Wild plants growing in their native haunts get no attention and yet their wants are supplied. We will try and find out how this is done.

{65}



Water comes from the rain, but the rain does not fall every day. How do the plants manage to get water on dry days? A simple experiment will show you one way. Put about four tablespoonsful of dry soil on to the funnel shown in Fig. 29 and then pour on two tablespoonsful of water. Measure what runs through. You will find it very little; most of the water sticks to the soil. Even after several days the soil was still rather moist.
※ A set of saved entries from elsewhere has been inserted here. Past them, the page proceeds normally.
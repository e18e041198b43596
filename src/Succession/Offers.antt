-- ===== src/Succession/Offers.antt =====
-- What the offers of `successorOffers` promise.
use undergroundbb.Base.{
  if◌then◌else◌, sym, guard-eq-some, subst, ◌&&◌, ◌≢◌, ℕ, ◌≤◌, ◌≡◌, refl, ◌⊎◌, inl, inr, true,
  false, not, List, [], ◌∷◌, none, some, arith, Text, In, first, later, Bool-cases, Option-cases,
  ◌===◌, ===_iff, leb,
}
use undergroundbb.Platform.{Platform}
use undergroundbb.Grant.Records.{DesignationRecord, GrantRecord}
use undergroundbb.Grant.Verify.{names}
use undergroundbb.Succession.Status.{
  offer_for, NewestOf, MemberLike, Dated, newest, no_designation, cancelled_day, newest_of,
  claimed_by, first_grant_loop, first_grant_to_admin, offer_of, offers_from, successor_offers,
  SuccessorOffer, key_day_ms, is_admin_member, earlier, add_days, reached,
}
use undergroundbb.Succession.Newest.{IsNewest, newest_of_sound}

module _ (platform : Platform) (admin : Text) (from to : ℕ) where
  first_grant_loop-some :
      (gs : List GrantRecord) (day : ℕ)
      → first_grant_loop platform admin from to gs (some day) ≢ none
  unfolding first_grant_loop
  first_grant_loop-some [] day e = cc
  first_grant_loop-some (g ∷ gs) day e = elim (Bool-cases (g.subject_user_id === admin)) [
    | inr other ↦ first_grant_loop-some gs day (ground (arith, other, e))
    | inl theirs ↦ elim (Option-cases (key_day_ms platform g.sort_key)) [
      | inl undated ↦ first_grant_loop-some gs day (ground (arith, theirs, undated, e))
      | inr (k, dated) ↦ elim (Bool-cases (leb from k && (leb k to && earlier (some day) k))) [
        | inl taken ↦ first_grant_loop-some gs k (rw (theirs, dated, taken) at e)
        | inr skipped ↦ first_grant_loop-some gs day (rw (theirs, dated, skipped) at e)
      ]
    ]
  ]

  -- Where the loop finds nothing, no grant to the admin is dated within the two days.
  pub first_grant_loop-none :
      (gs : List GrantRecord)
      → first_grant_loop platform admin from to gs none ≡ none
      → (o : GrantRecord) (k : ℕ) → In o gs
      → o.subject_user_id ≡ admin
      → key_day_ms platform o.sort_key ≡ some k
      → from ≤ k
      → ¬ (k ≤ to)
  unfolding first_grant_loop
  first_grant_loop-none [] e o k m own dated lo hi = elim m [ ]
  first_grant_loop-none (g ∷ gs) e o k (later m) own dated lo hi =
      first_grant_loop-none gs (skipped (Bool-cases (g.subject_user_id === admin))) o k m own dated
        lo hi
    where
      skipped :
          ((g.subject_user_id === admin) ≡ true) ⊎ ((g.subject_user_id === admin) ≡ false)
          → first_grant_loop platform admin from to gs none ≡ none
      skipped (inr other) = ground (arith, other, e)
      skipped (inl theirs) = elim (Option-cases (key_day_ms platform g.sort_key)) [
        | inl undated ↦ ground (arith, theirs, undated, e)
        | inr (d, at) ↦ elim (Bool-cases (leb from d && (leb d to && earlier none d))) [
          | inl taken ↦ absurd (first_grant_loop-some gs d (rw (theirs, at, taken) at e))
          | inr missed ↦ rw (theirs, at, missed) at e
        ]
      ]
  first_grant_loop-none (g ∷ gs) e o k (first same) own dated lo hi =
      let here : first_grant_loop platform admin from to (o ∷ gs) none ≡ none = rw same e in
      let theirs = (===_iff o.subject_user_id admin).1 own in
      let within : (leb from k && (leb k to && earlier none k)) ≡ true = ground (arith, lo, hi) in
      first_grant_loop-some gs k (rw (theirs, dated, within) at here)

module _ (platform : Platform) (designations : List DesignationRecord) (grants : List GrantRecord)
    (members : List MemberLike) where
  -- An offer stands: its designation names the user, is the admin's newest, has not been claimed, and
  -- no grant to the admin, who is one, is dated from its day up to the day of the claim.
  pub record IsStanding (user : Text) (claim_day : ℕ) (o : SuccessorOffer) : Type 0 where
    pub admin_member : is_admin_member o.admin_user_id members ≡ true
    pub names_user : names o.designation.successor_user_id user ≡ true
    pub newest_one :
        IsNewest platform o.admin_user_id designations
          (record { d = o.designation; day = o.designation_day })
    pub unclaimed : claimed_by o.designation.sort_key grants ≡ none
    pub undisturbed_since :
        (g : GrantRecord) (k : ℕ)
        → In g grants
        → g.subject_user_id ≡ o.admin_user_id
        → key_day_ms platform g.sort_key ≡ some k
        → o.designation_day ≤ k
        → ¬ (k ≤ claim_day)
    pub due : o.period_elapsed ≡ reached claim_day (add_days o.designation_day o.period_days)

  offer_of-IsStanding :
      (user : Text) (claim_day : ℕ) (admin : Text) (o : SuccessorOffer)
      → offer_of platform designations grants members user claim_day admin ≡ some o
      → IsStanding user claim_day o
  unfolding offer_of first_grant_to_admin
  offer_of-IsStanding user claim_day admin o e =
      by_newest (newest_of platform admin designations) refl
    where
      is_admin : is_admin_member admin members ≡ true
      is_admin = (guard-eq-some (is_admin_member admin members) _ e).0

      by_dated :
          (n : Dated)
          → newest_of platform admin designations ≡ newest n
          → (if not (names n.d.successor_user_id user)
              then none
              else elim (claimed_by n.d.sort_key grants) [
                | some taker ↦ none
                | none ↦ elim (first_grant_loop platform admin n.day claim_day grants none) [
                  | some since ↦ none
                  | none ↦ some (offer_for claim_day admin n)
                ]
              ])
            ≡ some o
          → IsStanding user claim_day o
      by_dated n at e2 =
          let (named, e3) = guard-eq-some (names n.d.successor_user_id user) _ e2 in
          elim (Option-cases (claimed_by n.d.sort_key grants)) [
            | inr (taker, taken) ↦ absurd (ground (arith, taken, e3))
            | inl unclaimed ↦
                elim (Option-cases (first_grant_loop platform admin n.day claim_day grants none)) [
                  | inr (since, changed) ↦ absurd (ground (arith, unclaimed, changed, e3))
                  | inl unchanged ↦
                      let made : some (offer_for claim_day admin n) ≡ some o =
                        rw (unclaimed, unchanged) at e3 in
                      let same : offer_for claim_day admin n ≡ o = cc made in
                      subst (IsStanding user claim_day) same (record {
                        admin_member = is_admin;
                        names_user = named;
                        newest_one = newest_of_sound platform admin designations n at;
                        unclaimed = unclaimed;
                        undisturbed_since =
                            first_grant_loop-none platform admin n.day claim_day grants unchanged;
                        due = refl;
                      })
                ]
          ]

      by_newest :
          (n : NewestOf) → newest_of platform admin designations ≡ n → IsStanding user claim_day o
      by_newest no_designation at = absurd (ground (arith, at, e))
      by_newest (cancelled_day day) at = absurd (ground (arith, at, e))
      by_newest (newest n) at =
          let e2 : (if not (names n.d.successor_user_id user)
                then none
                else elim (claimed_by n.d.sort_key grants) [
                  | some taker ↦ none
                  | none ↦ elim (first_grant_loop platform admin n.day claim_day grants none) [
                    | some since ↦ none
                    | none ↦ some (offer_for claim_day admin n)
                  ]
                ])
              ≡ some o =
            ground (arith, is_admin, at, e) in
          by_dated n at e2

  one_or_rest :
      (user : Text) (claim_day : ℕ) (p o : SuccessorOffer) (rest : List SuccessorOffer)
      → IsStanding user claim_day p
      → In o (p ∷ rest)
      → IsStanding user claim_day o ⊎ In o rest
  one_or_rest user claim_day p o rest standing (first same) =
      inl (subst (IsStanding user claim_day) (sym same) standing)
  one_or_rest user claim_day p o rest standing (later m) = inr m

  offers_from-IsStanding :
      (user : Text) (claim_day : ℕ) (admins : List Text) (o : SuccessorOffer)
      → In o (offers_from platform designations grants members user claim_day admins)
      → IsStanding user claim_day o
  unfolding offers_from
  offers_from-IsStanding user claim_day [] o m = elim m [ ]
  offers_from-IsStanding user claim_day (a ∷ admins) o m =
      elim (Option-cases (offer_of platform designations grants members user claim_day a)) [
        | inl no_offer ↦
            offers_from-IsStanding user claim_day admins o (rw (no_offer, offers_from) at m)
        | inr (p, made) ↦
            elim (one_or_rest user claim_day p o _ (offer_of-IsStanding user claim_day a p made)
              (rw (made, offers_from) at m)) [
                | inl standing ↦ standing
                | inr rest ↦ offers_from-IsStanding user claim_day admins o rest
              ]
      ]

  -- Every offer that is made to a user stands as of the day of the claim.
  pub successor_offers-IsStanding :
      (user : Text) (claim_day : ℕ) (o : SuccessorOffer)
      → In o (successor_offers platform designations grants members user claim_day)
      → IsStanding user claim_day o
  unfolding successor_offers
  successor_offers-IsStanding user claim_day o m = offers_from-IsStanding user claim_day _ o m
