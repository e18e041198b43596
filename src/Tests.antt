-- ===== src/Tests.antt =====
-- Concrete inputs: each theorem with conditions, applied where they hold.
mod Toy
mod Wire
mod Chain
mod Circular
mod History
mod Checks
mod Removal
mod Screens
mod Forms
mod KeyBundle
mod Recovery
mod Pin
mod Admission
mod Succession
Soil has the power of keeping a certain amount of water in reserve for the plant, it only allows a small part of the rain to run through. Do the experiment also with sand, powdered clay, and leaf mould. Some water always remains behind, but less in the case of sand than in the others. In one {66} experiment 30 cubic centimetres of water were poured on to 50 grains of soil but only 10 cubic centimetres passed through, but when an equal amount was poured on to 50 grains of sand no less than 20 cubic centimetres passed through. Very sandy soils, therefore, possess less power of storing water than do soils with more clay or mould in them, such as loams, clays or black soils.



Further, water has a wonderful power of passing from wet places to dry places in the soil. Tie a piece of muslin over the end of a tube and fill with dry soil, tapping it down as much as you can, then stand the tube in water as in Fig. 30. Fill another with sand {68} and place in water. Notice that the water at once begins to rise in both tubes and will go on for a long time, always passing from the wet to the dry places. It rises higher in the soil than it does in the sand. Enough water may pass up the tube in this way to supply the needs of a growing plant. Fill a glass lamp chimney with dry soil, packing it down tightly, put into water and then sow with wheat. The plants grow very well. A longer tube may be made from two chimneys fastened together by means of a tin collar stuck on with Canada balsam or sealing wax (Fig. 31). Our plants grew well in this also, but on a sandier soil, where the water could not rise so high, it might happen that they would not.